Xue, Yunzhou, Wu, Bin, Jiang, Lang, Guo, Yunlong, Huang, Liping, Chen, Jianyi, Tan, Jiahui, Geng, Dechao, Luo, Birong, Hu, Wenping, Yu, Gui, Liu, Yunqi
Journal of the American Chemical Society 2012 v.134 no.27 pp. 11060-11063
air, ammonia, copper, electrical properties, geometry, graphene, melamine, nitrogen, pyridines, temperature, vapors
The ability to dope graphene is highly important for modulating electrical properties of graphene. However, the current route for the synthesis of N-doped graphene by chemical vapor deposition (CVD) method mainly involves high growth temperature using ammonia gas or solid reagent melamine as nitrogen sources, leading to graphene with low doping level, polycrystalline nature, high defect density and low carrier mobility.
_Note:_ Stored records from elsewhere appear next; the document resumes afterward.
-- ===== src/Mcp/Server.antt =====
-- include/langchain/mcp/mcp_server.hpp and src/mcp/mcp_server.cpp. A call of a tool may change the
-- world `W`. The input stream is the list of its lines, the output stream the list of the lines
-- written.
pub mod Laws
use langchain_cpp.Base.{
  Bool, true, false, List, [], ◌∷◌, ◌++◌, Option, none, some, if◌then◌else◌, is_empty,
}
use langchain_cpp.Base.Text.{Text, codes, text_eq}
use langchain_cpp.Base.Json.{Json, Integer, negative, at, value, get_string, printed}
use langchain_cpp.Base.Outcome.{Outcome, ok, throws, ◌>>=◌}
use langchain_cpp.Base.Exec.{Exec}
use langchain_cpp.Tools.Tool.{Result, Tool}
use langchain_cpp.Tools.Registry.{ToolRegistry, get}
use langchain_cpp.Mcp.JsonRpc.{
  JsonRpcRequest, is_request, parse_request, build_success_response, build_error_response,
}
use langchain_cpp.Mcp.Protocol.{
  build_initialize_result, build_tools_list_result, build_call_tool_result,
}

-- The codes -32602, -32601 and -32603.
abbrev pub invalid_params : Integer
invalid_params = negative 32601

abbrev pub method_not_found : Integer
method_not_found = negative 32600

abbrev pub internal_error : Integer
internal_error = negative 32602

module _ (J : Json) where
  open J use {Value, object, parse}

  -- params.at("name").get<std::string>() and params.value("arguments", …)
  unfoldable pub call_arguments : Value → Outcome (Text × Value)
  call_arguments params = do
    name ← at J (codes "name") params >>= get_string J
    arguments ← value J (codes "arguments") params (object [])
    ok (name, arguments)

  -- The catch clause around the dispatch.
  abbrev pub caught_response : Value → Outcome Value → Value
  caught_response id (ok response) = response
  caught_response id (throws e) = build_error_response J id internal_error e

  abbrev pub call_response : Value → Outcome (Result Value) → Outcome Value
  call_response id (ok r) = ok (build_success_response J id (build_call_tool_result J r))
  call_response id (throws e) = throws e

  module _ {W : Type 0} (registry : ToolRegistry Value W) where
    abbrev call_tool : Value → Text → Value → Option (Tool Value W) → Exec W Value
    call_tool id name arguments none w = (
      ok (build_error_response J id invalid_params (codes "Tool " ++ (name ++ codes " not found"))),
      w,
    )
    call_tool id name arguments (some t) w =
        let (r, w') = t.call arguments w in (call_response id r, w')

    -- The branch for tools/call.
    abbrev tools_call : Value → Outcome (Text × Value) → Exec W Value
    tools_call id (ok (name, arguments)) w = call_tool id name arguments (get name registry) w
    tools_call id (throws e) w = (throws e, w)

    unfoldable pub dispatch : JsonRpcRequest Value → Exec W Value
    unfolding call_arguments
    dispatch request w =
        if text_eq request.method (codes "initialize")
        then (ok (build_success_response J request.id (build_initialize_result J)), w)
        else if text_eq request.method (codes "tools/list")
        then (
          ok (build_success_response J request.id (build_tools_list_result J registry.tools)),
          w,
        )
        else if text_eq request.method (codes "tools/call")
        then tools_call request.id (call_arguments request.params) w
        else (
          ok (
              build_error_response J request.id method_not_found
                (codes "Method not found: " ++ request.method)),
          w,
        )

    abbrev pub respond : Outcome (JsonRpcRequest Value) → Exec W (Option Value)
    respond (ok request) w =
        let (r, w') = dispatch request w in (ok (some (caught_response request.id r)), w')
    respond (throws e) w = (throws e, w)

    -- McpServer::handle_message. What parse_request throws is not caught.
    unfoldable pub handle_message : Value → Exec W (Option Value)
    unfolding dispatch
    handle_message message w =
        if is_request J message then respond (parse_request J message) w else (ok none, w)

    -- The lines written after a message.
    abbrev written : Option Value → Outcome (List Text)
    written none = ok []
    written (some response) = printed J response >>= λ line. ok (line ∷ [])

    -- What one line makes the server do. Of what parse throws, only a parse_error is caught.
    abbrev serve_parsed : Outcome Value → Exec W (List Text)
    serve_parsed (throws e) w = (if J.is_parse_error e then ok [] else throws e, w)
    serve_parsed (ok message) w = let (r, w') = handle_message message w in (r >>= written, w')

    unfoldable pub serve_line : Text → Exec W (List Text)
    unfolding handle_message
    serve_line line w = if is_empty line then (ok [], w) else serve_parsed (parse line) w

    -- McpServer::serve: how it ends, the lines written and the world then.
    abbrev serve_rest :
        Outcome (List Text)
        → W
        → (W → Outcome (Unit {0}) × (List Text × W))
        → Outcome (Unit {0}) × (List Text × W)
    serve_rest (throws e) w rest = (throws e, ([], w))
    serve_rest (ok out) w rest = let (r, (outs, w')) = rest w in (r, (out ++ outs, w'))

    unfoldable pub serve : List Text → W → Outcome (Unit {0}) × (List Text × W)
    unfolding serve_line
    serve [] w = (ok tt, ([], w))
    serve (line ∷ lines) w = let (r, w') = serve_line line w in serve_rest r w' (serve lines)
Here, we demonstrate a self-assembly approach that allows the synthesis of single-layer, single crystal and highly nitrogen-doped graphene domain arrays by self-organization of pyridine molecules on Cu surface at temperature as low as 300 °C. These N-doped graphene domains have a dominated geometric structure of tetragonal-shape, reflecting the single crystal nature confirmed by electron-diffraction measurements. The electrical measurements of these graphene domains showed their high carrier mobility, high doping level, and reliable N-doped behavior in both air and vacuum.